6. In Ramdev Trading Company & Another v. State of U.P. & 3 others (2017) 12 TMI 341 (Allahabad), where the goods of assessee were detained by detaining authority and also a penalty imposed on the ground that goods were mis described, it was observed that at the stage of seizure the detaining authority had not applied his mind, nor formed any opinion as to intention to evade tax and the only allegation made in the seizure order was to the effect that the Transit Declaration Form (TDF) was absent and that the goods have been mis- described. Also, there was no allegation whatsoever as to the intention of the petitioner to evade tax. In such circumstances, it was held that in absence of any allegation or evasion of tax being made against the petitioner at the stage of detention and seizure and even at the stage of issuance of notice of penalty, it was difficult to sustain the penalty.
7. In M/s M.K. Enterprises through its Prop. Mukesh Kumar v. State of U.P. & 3 Others (2017) 12 TMI 342 (Allahabad),where the assessee was not given any opportunity to show cause or give reply to the allegation on which goods had been seized on account of absence of Transit Declaration Form (TDF), it was held that as the petitioner had no notice or opportunity to explain his conduct with respect to the discrepancy in the Tax Invoice alleged in the seizure order, the said order passed u/s 129(1) and 129(3) of the UPGST Act shall be set aside.
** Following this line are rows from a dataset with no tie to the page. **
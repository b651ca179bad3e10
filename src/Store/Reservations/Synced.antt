-- ===== src/Store/Reservations/Synced.antt =====
-- The reserved column against the open reservations that it sums up.
use erp_stock.Base.{
  String, ◌==◌, eq_iff, eq_refl, ◌≡◌, refl, sym, ap, ◌∙◌, Bool, true, false, not, ◌||◌, ◌&&◌,
  Bool-cases, inl, inr, Option, List, [], ◌∷◌, ◌++◌, contains, All, arith,
}
use erp_stock.Base.Int.{ℤ, pos, ◌+ℤ◌, int_laws}
use erp_stock.Domain.Errors.{Result, ok, err, failure}
use erp_stock.Store.Tables.{BalanceRow, ReservationRow, Tables, sum_by}
use erp_stock.Store.Valid.{find_line}
use erp_stock.Store.Reservations.{
  is_open, held_by, open_sum, recalc_rows, reserved_fit, recalc_reserved, products_of_order,
  is_line, put_reservation, release_rows,
}

-- Each balance holds the sum of the open reservations of its product that bear on its warehouse.
abbrev pub InSync : List ReservationRow → BalanceRow → Type 0
InSync rsv b = b.reserved ≡ open_sum b.product_id b.warehouse_id rsv

abbrev pub IsSynced : Tables → Type 0
IsSynced t = All (InSync t.reservations) t.balances

-- The sums of the products outside `ids` are as they were.
abbrev pub SameOutside : List String → List ReservationRow → List ReservationRow → Type 0
SameOutside ids old new =
    (p w : String) → contains ids p ≡ false → open_sum p w new ≡ open_sum p w old

-- Rows stay in sync where no sum has changed.
pub InSync-All :
    (old new : List ReservationRow) (bs : List BalanceRow)
    → SameOutside [] old new
    → All (InSync old) bs
    → All (InSync new) bs
InSync-All old new [] same synced = tt
InSync-All old new (b ∷ bs) same (s, ss) =
    (s ∙ sym (same b.product_id b.warehouse_id refl), InSync-All old new bs same ss)

recalc_rows-InSync :
    (ids : List String) (old new : List ReservationRow) (bs : List BalanceRow)
    → SameOutside ids old new
    → All (InSync old) bs
    → All (InSync new) (recalc_rows ids new bs)
unfolding recalc_rows
recalc_rows-InSync ids old new [] same synced = tt
recalc_rows-InSync ids old new (b ∷ bs) same (s, ss) = (
  elim (Bool-cases (contains ids b.product_id)) [
    | inl inside ↦ rw inside refl
    | inr outside ↦ rw outside (s ∙ sym (same b.product_id b.warehouse_id outside))
  ],
  recalc_rows-InSync ids old new bs same ss,
)

-- A successful recalculation of the products whose sums may have changed puts all rows in sync.
pub recalc_reserved-IsSynced :
    (ids : List String) (old : List ReservationRow) (t u : Tables)
    → SameOutside ids old t.reservations
    → All (InSync old) t.balances
    → recalc_reserved ids t ≡ (ok tt, u)
    → IsSynced u
unfolding recalc_reserved
recalc_reserved-IsSynced ids old t u same synced done =
    elim (Bool-cases (reserved_fit (recalc_rows ids t.reservations t.balances))) [
      | inl fit ↦
          let here : ◌≡◌ {A = Result (Unit {0}) × Tables}
              (ok tt, record t { balances = recalc_rows ids t.reservations t.balances })
              (ok tt, u) =
            rw fit at done in
          let e : record t { balances = recalc_rows ids t.reservations t.balances } ≡ u =
            ap (λ (x : Result (Unit {0}) × Tables). x.1) here in
          rw (← e) (recalc_rows-InSync ids old t.reservations t.balances same synced)
      | inr no_fit ↦
          let stop : ◌≡◌ {A = Result (Unit {0}) × Tables} (err failure, t) (ok tt, u) =
            rw no_fit at done in
          cc
    ]

-- A row of one product is not of another.
other_product :
    (p q : String) (r : ReservationRow)
    → (r.product_id == p) ≡ true
    → (p == q) ≡ false
    → (r.product_id == q) ≡ false
other_product p q r mine other = ground (arith, eq_iff r.product_id p)

and_left : (a b : Bool) → (a && b) ≡ true → a ≡ true
and_left a b h = ground arith

and_right : (a b : Bool) → (a && b) ≡ true → b ≡ true
and_right a b h = ground arith

and_false : (a : Bool) → (a && false || false) ≡ false
and_false a = ground arith

pub or_left : (a b : Bool) → (a || b) ≡ false → a ≡ false
or_left a b h = ground arith

pub or_right : (a b : Bool) → (a || b) ≡ false → b ≡ false
or_right a b h = ground arith

module _ (o p : String) (wh : Option String) (z : ℤ) where
  -- Writing a line of one product leaves the sums of the others.
  pub put_reservation-SameSum :
      (q w : String) (rs : List ReservationRow)
      → (p == q) ≡ false
      → open_sum q w (put_reservation o p wh z rs) ≡ open_sum q w rs
  unfolding open_sum put_reservation sum_by
  put_reservation-SameSum q w [] other = rw other (omega int_laws)
  put_reservation-SameSum q w (r ∷ rs) other = elim (Bool-cases (is_line o p r)) [
    | inl mine ↦
        let apart =
          other_product p q r (and_right (r.sales_order_id == o) (r.product_id == p) mine) other in
        rw (mine, apart) refl
    | inr not_mine ↦
        rw not_mine (ap (λ s. held_by q w r +ℤ s) (put_reservation-SameSum q w rs other))
  ]

  -- And where the order has lines.
  pub find_line-put_reservation :
      (q : String) (rs : List ReservationRow)
      → (p == q) ≡ false
      → find_line o q (put_reservation o p wh z rs) ≡ find_line o q rs
  unfolding put_reservation find_line
  find_line-put_reservation q [] other = rw (eq_refl o, other) refl
  find_line-put_reservation q (r ∷ rs) other = elim (Bool-cases (is_line o p r)) [
    | inl mine ↦ rw mine refl
    | inr not_mine ↦
        rw not_mine (ap (λ s. is_line o q r || s) (find_line-put_reservation q rs other))
  ]
  -- Releasing lines of an order leaves the sums of a product of which the order has no line.

pub release_rows-SameSum :
    (o : String) (keep : List String) (q w : String) (rs : List ReservationRow)
    → find_line o q rs ≡ false
    → open_sum q w (release_rows o keep rs) ≡ open_sum q w rs
unfolding open_sum release_rows find_line sum_by
release_rows-SameSum o keep q w [] none_ = refl
release_rows-SameSum o keep q w (r ∷ rs) none_ =
    let rest =
      release_rows-SameSum o keep q w rs (or_right (is_line o q r) (find_line o q rs) none_) in
    elim (Bool-cases
      (r.sales_order_id == o && (is_open r.status && not (contains keep r.product_id)))) [
        | inr keep_ ↦ rw keep_ (ap (λ s. held_by q w r +ℤ s) rest)
        | inl release ↦
            let mine =
              and_left (r.sales_order_id == o)
                (is_open r.status && not (contains keep r.product_id)) release in
            let apart : (r.product_id == q) ≡ false =
              rw mine at (or_left (is_line o q r) (find_line o q rs) none_) in
            rw (release, apart) (ap (λ s. pos 0 +ℤ s) rest)
      ]

-- The products of an order are those of its lines.
pub products_of_order-find_line :
    (o q : String) (rs : List ReservationRow)
    → contains (products_of_order o rs) q ≡ false
    → find_line o q rs ≡ false
unfolding products_of_order find_line
products_of_order-find_line o q [] h = refl
products_of_order-find_line o q (r ∷ rs) h = elim (Bool-cases (r.sales_order_id == o)) [
  | inl same ↦
      let both : (r.product_id == q || contains (products_of_order o rs) q) ≡ false =
        rw same at h in
      let apart = or_left (r.product_id == q) (contains (products_of_order o rs) q) both in
      let rest =
        products_of_order-find_line o q rs
          (or_right (r.product_id == q) (contains (products_of_order o rs) q) both) in
      rw (apart, rest) (and_false (r.sales_order_id == o))
  | inr other ↦ rw other (products_of_order-find_line o q rs (rw other at h))
]

pub contains-append :
    (xs ys : List String) (q : String) → contains (xs ++ ys) q ≡ (contains xs q || contains ys q)
contains-append [] ys q = refl
contains-append (x ∷ xs) ys q = let rest = contains-append xs ys q in ground arith
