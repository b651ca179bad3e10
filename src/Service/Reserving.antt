-- ===== src/Service/Reserving.antt =====
-- What the INSERTs of `ReplaceReservations` leave.
pub mod Replaced
pub mod Synced
use erp_stock.Base.{
  String, ◌==◌, ◌≡◌, refl, sym, ap, ◌∙◌, subst, Bool, true, false, ◌||◌, ◌&&◌, Bool-cases, inl, inr,
  Option, List, [], ◌∷◌, ◌++◌, contains, is_empty, if◌then◌else◌, arith, All,
}
use erp_stock.Base.Int.{ℤ}
use erp_stock.Float.{to_numeric, Float}
use erp_stock.Domain.Errors.{Result, ok, err, Error, failure, invalid}
use erp_stock.Domain.Types.{OrderItem, OrderEvent}
use erp_stock.Store.Tables.{Tables, Statement, reservation_ok}
use erp_stock.Store.Valid.{find_line}
use erp_stock.Store.Movements.{nil_if_empty}
use erp_stock.Store.Reservations.{
  open_sum, recalc_reserved, products_of_order, put_reservation, upsert_reservation,
  warehouse_ref_ok, release_others, release_rows,
}
use erp_stock.Store.Reservations.Synced.{
  InSync, InSync-All, IsSynced, SameOutside, recalc_reserved-IsSynced, put_reservation-SameSum,
  find_line-put_reservation, release_rows-SameSum, products_of_order-find_line, contains-append,
  or_left, or_right,
}
use erp_stock.World.{
  World, Action, fail_if, acquire, unlock, deferring, push_published, pure, ◌>>=◌, ◌>>◌, call, exec,
  query, on_stock, transaction, rolled_back, next_fault,
}
use erp_stock.World.Rules.{
  exec_ok, call_ok, pure_rel, committed, bind_ok, query_ok, call_stock, after, acquire_stock,
}
use erp_stock.World.Always.{Always, OnSuccess, OnSuccess-Always, IsPreorder, success_rules}
use erp_stock.World.SameStock.{SameStock, read_rules}
use erp_stock.Repo
use erp_stock.Service.Lookup.{list_assemblies}
use erp_stock.Service.Reads.{list_assemblies-SameStock}
use erp_stock.Service.Orders.{publish_reserved, reserve_order}

-- What the INSERTs of an order's lines leave: the balances, and for a product not among those kept
-- its sums and whether the order has a line of it.
pub record Written (o : String) (keep : List String) (t u : Tables) : Type 0 where
  pub balances_same : u.balances ≡ t.balances
  pub sums_same : SameOutside keep t.reservations u.reservations
  pub lines_same :
      (q : String)
      → contains keep q ≡ false
      → find_line o q u.reservations ≡ find_line o q t.reservations

upsert_reservation-Written :
    (o p : String) (wh : Option String) (z : ℤ) (a : Unit {0}) (t u : Tables)
    → upsert_reservation o p wh z t ≡ (ok a, u)
    → Written o (p ∷ []) t u
unfolding upsert_reservation
upsert_reservation-Written o p wh z a t u e =
    elim (Bool-cases (reservation_ok z && warehouse_ref_ok wh t)) [
      | inl fits ↦
          let here : ◌≡◌ {A = Result (Unit {0}) × Tables}
              (ok tt, record t { reservations = put_reservation o p wh z t.reservations })
              (ok a, u) =
            rw fits at e in
          let same : record t { reservations = put_reservation o p wh z t.reservations } ≡ u =
            ap (λ (x : Result (Unit {0}) × Tables). x.1) here in
          rw (← same) (record {
            balances_same = refl;
            sums_same = λ q w h.
                put_reservation-SameSum o p wh z q w t.reservations (or_left (p == q) false h);
            lines_same = λ q h.
                find_line-put_reservation o p wh z q t.reservations (or_left (p == q) false h);
          })
      | inr no_fit ↦
          let stop : ◌≡◌ {A = Result (Unit {0}) × Tables} (err failure, t) (ok a, u) =
            rw no_fit at e in
          cc
    ]

Written-self : (o : String) (keep : List String) (t : Tables) → Written o keep t t
Written-self o keep t = record {
  balances_same = refl;
  sums_same = λ q w h. refl;
  lines_same = λ q h. refl;
}

-- One line, then the rest.
Written-cons :
    (o p : String) (keep : List String) (t m u : Tables)
    → Written o (p ∷ []) t m
    → Written o keep m u
    → Written o (p ∷ keep) t u
Written-cons o p keep t m u f g = record {
  balances_same = g.balances_same ∙ f.balances_same;
  sums_same = λ q w h.
      g.sums_same q w (or_right (p == q) (contains keep q) h) ∙ f.sums_same q w (first q h);
  lines_same =
      λ q h. g.lines_same q (or_right (p == q) (contains keep q) h) ∙ f.lines_same q (first q h);
}
  where
    first : (q : String) → contains (p ∷ keep) q ≡ false → contains (p ∷ []) q ≡ false
    first q h = let e = or_left (p == q) (contains keep q) h in ground arith

module _ {F : Type 0} ⦃fl : Float F⦄ where
  pub upsert_lines-Written :
      (o : String) (wh : Option String) (items : List (OrderItem F)) (w : World F)
      (keep : List String) (v : World F)
      → Repo.upsert_lines o wh items w ≡ (ok keep, v)
      → Written o keep w.stock v.stock
  unfolding Repo.upsert_lines
  upsert_lines-Written o wh [] w keep v e =
      let same : w ≡ v = ap (λ (x : Result (List String) × World F). x.1) e in
      rw (← same) (Written-self o keep w.stock)
  upsert_lines-Written o wh (it ∷ items) w keep v e =
      elim (Bool-cases (Repo.is_void_line it.product_id it.quantity)) [
        | inl void ↦ upsert_lines-Written o wh items w keep v (rw void at e)
        | inr counts ↦
            let s = upsert_reservation o it.product_id wh (to_numeric it.quantity) in
            let here : (do exec s; rest ← Repo.upsert_lines o wh items; pure (it.product_id ∷ rest))
                  w
                ≡ (ok keep, v) =
              rw counts at e in
            let (a, u, first, e1) =
              bind_ok (exec s)
                (λ _. Repo.upsert_lines o wh items >>= λ rest. pure (it.product_id ∷ rest)) w keep v
                here in
            let (rest, x, others, e2) =
              bind_ok (Repo.upsert_lines o wh items) (λ rest. pure (it.product_id ∷ rest)) u keep v
                e1 in
            let one =
              upsert_reservation-Written o it.product_id wh (to_numeric it.quantity) a w.stock
                u.stock (exec_ok s w a u first) in
            let more = upsert_lines-Written o wh items u rest x others in
            pure_rel (λ k t. Written o k w.stock t) (it.product_id ∷ rest) x keep v e2
              (Written-cons o it.product_id rest w.stock u.stock x.stock one more)
      ]
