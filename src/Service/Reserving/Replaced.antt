-- ===== src/Service/Reserving/Replaced.antt =====
-- What a successful `ReplaceReservations` leaves.
use erp_stock.Base.{String, ◌≡◌, sym, ap, ◌∙◌, subst, Option, List, [], ◌∷◌, ◌++◌, contains, All}
use erp_stock.Float.{Float}
use erp_stock.Domain.Errors.{Result, ok}
use erp_stock.Domain.Types.{OrderItem}
use erp_stock.Store.Tables.{Tables}
use erp_stock.Store.Movements.{nil_if_empty}
use erp_stock.Store.Reservations.{recalc_reserved, products_of_order, release_others, release_rows}
use erp_stock.Store.Reservations.Synced.{
  InSync, InSync-All, IsSynced, SameOutside, recalc_reserved-IsSynced, release_rows-SameSum,
  products_of_order-find_line, contains-append, or_left, or_right,
}
use erp_stock.World.{World, Action, pure, ◌>>=◌, ◌>>◌, call, exec, query, transaction}
use erp_stock.World.Rules.{exec_ok, call_ok, pure_rel, committed, bind_ok, query_ok}
use erp_stock.Repo
use erp_stock.Service.Reserving.{Written, upsert_lines-Written}

-- The balances are as they were, and so are the sums of all products but those returned.
record Replaced (products : List String) (t u : Tables) : Type 0 where
  kept_balances : u.balances ≡ t.balances
  kept_sums : SameOutside products t.reservations u.reservations

release_others-Replaced :
    (o : String) (keep : List String) (t m u : Tables) (a : Unit {0})
    → Written o keep t m
    → release_others o keep m ≡ (ok a, u)
    → Replaced (products_of_order o t.reservations ++ keep) t u
unfolding release_others
release_others-Replaced o keep t m u a done e =
    let tables : record m { reservations = release_rows o keep m.reservations } ≡ u =
      ap (λ (y : Result (Unit {0}) × Tables). y.1) e in
    subst (λ x. Replaced (products_of_order o t.reservations ++ keep) t x) tables
      (record {
        kept_balances = done.balances_same;
        kept_sums = λ q w h.
            let neither = sym (contains-append (products_of_order o t.reservations) keep q) ∙ h in
            let not_old =
              or_left (contains (products_of_order o t.reservations) q) (contains keep q) neither in
            let not_kept =
              or_right (contains (products_of_order o t.reservations) q) (contains keep q)
                neither in
            let no_line =
              done.lines_same q not_kept ∙ products_of_order-find_line o q t.reservations not_old in
            release_rows-SameSum o keep q w m.reservations no_line ∙ done.sums_same q w not_kept;
      })

module _ {F : Type 0} ⦃fl : Float F⦄ where
  -- The transaction of `ReplaceReservations` as a chain, part by part.
  abbrev with_kept : String → List String → List String → Action F (List String)
  with_kept o old keep = do exec (release_others o keep); call; pure (old ++ keep)

  abbrev with_old :
      String → Option String → List (OrderItem F) → List String → Action F (List String)
  with_old o wh items old = do keep ← Repo.upsert_lines o wh items; with_kept o old keep

  with_kept-Replaced :
      (o : String) (keep : List String) (t : Tables) (w : World F) (products : List String)
      (v : World F)
      → Written o keep t w.stock
      → with_kept o (products_of_order o t.reservations) keep w ≡ (ok products, v)
      → Replaced products t v.stock
  with_kept-Replaced o keep t w products v done e =
      let old = products_of_order o t.reservations in
      let (a, u, release, e1) =
        bind_ok (exec (release_others o keep)) (λ _. call >> pure (old ++ keep)) w products v e in
      let (b, x, commit, e2) = bind_ok call (λ _. pure (old ++ keep)) u products v e1 in
      pure_rel (λ k y. Replaced k t y) (old ++ keep) x products v e2
        (subst (λ y. Replaced (old ++ keep) t y) (sym (call_ok u b x commit))
          (release_others-Replaced o keep t w.stock u.stock a done
            (exec_ok (release_others o keep) w a u release)))

  with_old-Replaced :
      (o : String) (wh : Option String) (items : List (OrderItem F)) (old : List String)
      (w : World F) (products : List String) (v : World F)
      → old ≡ products_of_order o w.stock.reservations
      → with_old o wh items old w ≡ (ok products, v)
      → Replaced products w.stock v.stock
  with_old-Replaced o wh items old w products v found e =
      let (keep, y, wrote, e1) =
        bind_ok (Repo.upsert_lines o wh items) (with_kept o old) w products v e in
      with_kept-Replaced o keep w.stock y products v
        (upsert_lines-Written o wh items w keep y wrote)
        (subst (λ l. with_kept o l keep y ≡ (ok products, v)) found e1)

  replace_lines-Replaced :
      (o wh : String) (items : List (OrderItem F)) (w : World F) (products : List String)
      (v : World F)
      → Repo.replace_lines o wh items w ≡ (ok products, v)
      → Replaced products w.stock v.stock
  unfolding Repo.replace_lines
  replace_lines-Replaced o wh items w products v e =
      let body =
        query (λ t. products_of_order o t.reservations) >>= with_old o (nil_if_empty wh) items in
      let (a, u, begun, e1) = bind_ok call (λ _. transaction body) w products v e in
      let inside = committed u.stock (body u) products v e1 in
      let (old, x, asked, e2) =
        bind_ok (query (λ t. products_of_order o t.reservations))
          (with_old o (nil_if_empty wh) items) u products v inside in
      let answer = query_ok (λ t. products_of_order o t.reservations) u old x asked in
      let start : x.stock ≡ w.stock = answer.1 ∙ call_ok w a u begun in
      subst (λ t. Replaced products t v.stock) start
        (with_old-Replaced o (nil_if_empty wh) items old x products v
          (answer.0 ∙ ap (λ t. products_of_order o t.reservations) (sym answer.1)) e2)

  recalc-IsSynced :
      (products : List String) (t : Tables) (w : World F) (v : World F)
      → IsSynced t
      → Replaced products t w.stock
      → Repo.recalc products w ≡ (ok tt, v)
      → IsSynced v.stock
  unfolding Repo.recalc
  recalc-IsSynced [] t w v synced done e =
      let same : w ≡ v = ap (λ (x : Result (Unit {0}) × World F). x.1) e in
      subst (λ (u : World F). IsSynced u.stock) same
        (subst (λ bs. All (InSync w.stock.reservations) bs) (sym done.kept_balances)
          (InSync-All t.reservations w.stock.reservations t.balances done.kept_sums synced))
  recalc-IsSynced (p ∷ ps) t w v synced done e =
      recalc_reserved-IsSynced (p ∷ ps) t.reservations w.stock v.stock done.kept_sums
        (subst (λ bs. All (InSync t.reservations) bs) (sym done.kept_balances) synced)
        (exec_ok (recalc_reserved (p ∷ ps)) w tt v e)

  -- With reserved quantities that are the sums of the open reservations, replacing the reservations of
  -- an order, or releasing them, keeps them so, where it returns no error.
  pub replace_reservations-IsSynced :
      (o wh : String) (items : List (OrderItem F)) (w v : World F)
      → IsSynced w.stock
      → Repo.replace_reservations o wh items w ≡ (ok tt, v)
      → IsSynced v.stock
  unfolding Repo.replace_reservations
  replace_reservations-IsSynced o wh items w v synced e =
      let (products, u, replaced, rest) =
        bind_ok (Repo.replace_lines o wh items) Repo.recalc w tt v e in
      recalc-IsSynced products w.stock u v synced
        (replace_lines-Replaced o wh items w products u replaced) rest
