-- ===== src/Service/Reserving/Synced.antt =====
-- `ReserveOrder` keeps the reserved column in step with the open reservations.
use erp_stock.Base.{String, ◌≡◌, refl, sym, ap, subst, Bool, List, []}
use erp_stock.Float.{Float}
use erp_stock.Domain.Errors.{Result, ok, err, invalid}
use erp_stock.Domain.Types.{OrderItem, OrderEvent}
use erp_stock.Store.Reservations.Synced.{IsSynced}
use erp_stock.World.{World, Action, fail_if, acquire, unlock, deferring, push_published, ◌>>◌}
use erp_stock.World.Rules.{bind_ok, acquire_stock}
use erp_stock.World.Always.{Always, OnSuccess, OnSuccess-Always, IsPreorder, success_rules}
use erp_stock.World.SameStock.{SameStock, read_rules}
use erp_stock.Repo
use erp_stock.Service.Reads.{list_assemblies-SameStock}
use erp_stock.Service.Orders.{publish_reserved, reserve_order}
use erp_stock.Service.Reserving.Replaced.{replace_reservations-IsSynced}

abbrev KeepsSync : {F : Type 0} → World F → World F → Type 0
KeepsSync w v = IsSynced w.stock → IsSynced v.stock

KeepsSync-preorder : {F : Type 0} → IsPreorder {F = F} KeepsSync
KeepsSync-preorder = record { same = λ w s. s; chain = λ w v u f g s. g (f s) }

-- What leaves the tables alone keeps them in sync.
reads-KeepsSync : {F A : Type 0} (m : Action F A) → Always SameStock m → OnSuccess KeepsSync m
reads-KeepsSync m h =
    OnSuccess-Always m (record { at = λ w s. subst (λ t. IsSynced t) (sym (h.at w)) s })

-- So does what keeps them so under a lock.
under_lock-KeepsSync :
    {F A : Type 0} (k : String) (m : Action F A)
    → OnSuccess KeepsSync m
    → OnSuccess KeepsSync (acquire k >> deferring (unlock k) m)
unfolding unlock
under_lock-KeepsSync {F} {A} k m h = record {
  at = λ w a v e synced.
      let (x, u, locked, e1) = bind_ok (acquire k) (λ _. deferring (unlock k) m) w a v e in
      let start : u.stock ≡ w.stock =
        subst (λ (y : Result (Unit {0}) × World F). y.1.stock ≡ w.stock) locked
          (acquire_stock k w) in
      go u (m u) refl a v e1 (subst (λ t. IsSynced t) (sym start) synced);
}
  where
    go :
        (u : World F) (y : Result A × World F)
        → m u ≡ y
        → (a : A) (v : World F) → ◌≡◌ {A = Result A × World F} (y.0, unlock k y.1) (ok a, v)
        → IsSynced u.stock
        → IsSynced v.stock
    go u (ok b, x) first a v e synced =
        let same : unlock k x ≡ v = ap (λ (y : Result A × World F). y.1) e in
        subst (λ (z : World F). IsSynced z.stock) same (h.at u b x first synced)
    go u (err b, x) first a v e synced = cc

module _ {F : Type 0} ⦃fl : Float F⦄ where
  replace-KeepsSync :
      (o wh : String) (items : List (OrderItem F))
      → OnSuccess KeepsSync (Repo.replace_reservations o wh items)
  replace-KeepsSync o wh items = record {
    at = λ w a v e synced. replace_reservations-IsSynced o wh items w v synced e;
  }

  release-KeepsSync : (o : String) → OnSuccess {F = F} KeepsSync (Repo.release_reservations o)
  unfolding Repo.release_reservations
  release-KeepsSync o = replace-KeepsSync o "" []

  publish_reserved-SameStock : (ev : OrderEvent F) → Always SameStock (publish_reserved ev)
  unfolding publish_reserved push_published
  publish_reserved-SameStock ev = search read_rules

  guard-SameStock : (b : Bool) → Always {F = F} SameStock (fail_if b invalid)
  guard-SameStock b = search read_rules

  reserve_order-KeepsSync : (ev : OrderEvent F) → OnSuccess KeepsSync (reserve_order ev)
  unfolding reserve_order
  reserve_order-KeepsSync ev =
      search
        (
          under_lock-KeepsSync, success_rules, KeepsSync-preorder, reads-KeepsSync, guard-SameStock,
          list_assemblies-SameStock, publish_reserved-SameStock, replace-KeepsSync,
          release-KeepsSync,
        )
        depth 12

-- With every reserved quantity the sum of the open reservations that bear on it, an order event that
-- is handled with no error, be it a new order, a changed one or one with no items, leaves every
-- reserved quantity such a sum.
pub reserve_order-IsSynced :
    {F : Type 0} ⦃fl : Float F⦄ (ev : OrderEvent F) (w v : World F)
    → IsSynced w.stock
    → reserve_order ev w ≡ (ok tt, v)
    → IsSynced v.stock
reserve_order-IsSynced ev w v synced e = (reserve_order-KeepsSync ev).at w tt v e synced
8. In Iqra Roadways (India) Thru’ Its Prop. & 3 Others v. State of U.P. & 3 Others, (2017) 11 TMI 1032 (Allahabad), the petitioners were carrying on the business of transporters and were registered under UPGST Act, 2017 and their goods were detained and seized including vehicle u/s 129(i) of UPGST Act, 2017 despite the fact that goods were accompanied by the invoice and bilty and the value of invoices(except two) were below Rs. 50000. However, from revenue side at the time of detention, the detaining authority had clearly mentioned in the detention memo that the necessary physical verification is required as the E-Way Bill, which was produced, was not relevant as the date and time mentioned had already expired. On physical verification, the authority has found certain irregularities with regard to quality of the goods as well as quantity. The goods which were not accompanied with proper documents were seized for which a notice under Section 129(3) of the U.P. G.S.T. Act had been issued on 26.9.2017 indicating therein the value of the goods and the demanded tax which has been calculated by the seizing authority at different rates as per the individual items/goods which is mentioned being Rs. 1,11,564/-. On the other hand, Circular No. 1117 dated 16.8.2017, in which it was provided that the G.S.T. being the new law, therefore, it may take some time for proper implementation of the scheme of E-Way Bill on all India basis. Rule 138 of U.P. G.S.T. Rules provides for the old E-Way Bill scheme, which was in effect earlier, may be continued.
Since the factual disputes were involved and penalty proceedings already initiated, it was held that it would be proper in the interest of justice that the 11/30/2017 seized goods be released in favour of the petitioners on the payment of an amount of Rs. 1,11,564/- (as indicated in the show cause notice dated 26.9.2017), it was directed that the goods and vehicle be released forthwith on payment of the amount of tax as has been indicated in the show cause notice dated 26.9.2017 being Rs. 1,11,564/-. Court also ordered that for penalty levied, they may approach appellate authorities who were directed to decide the same within two months.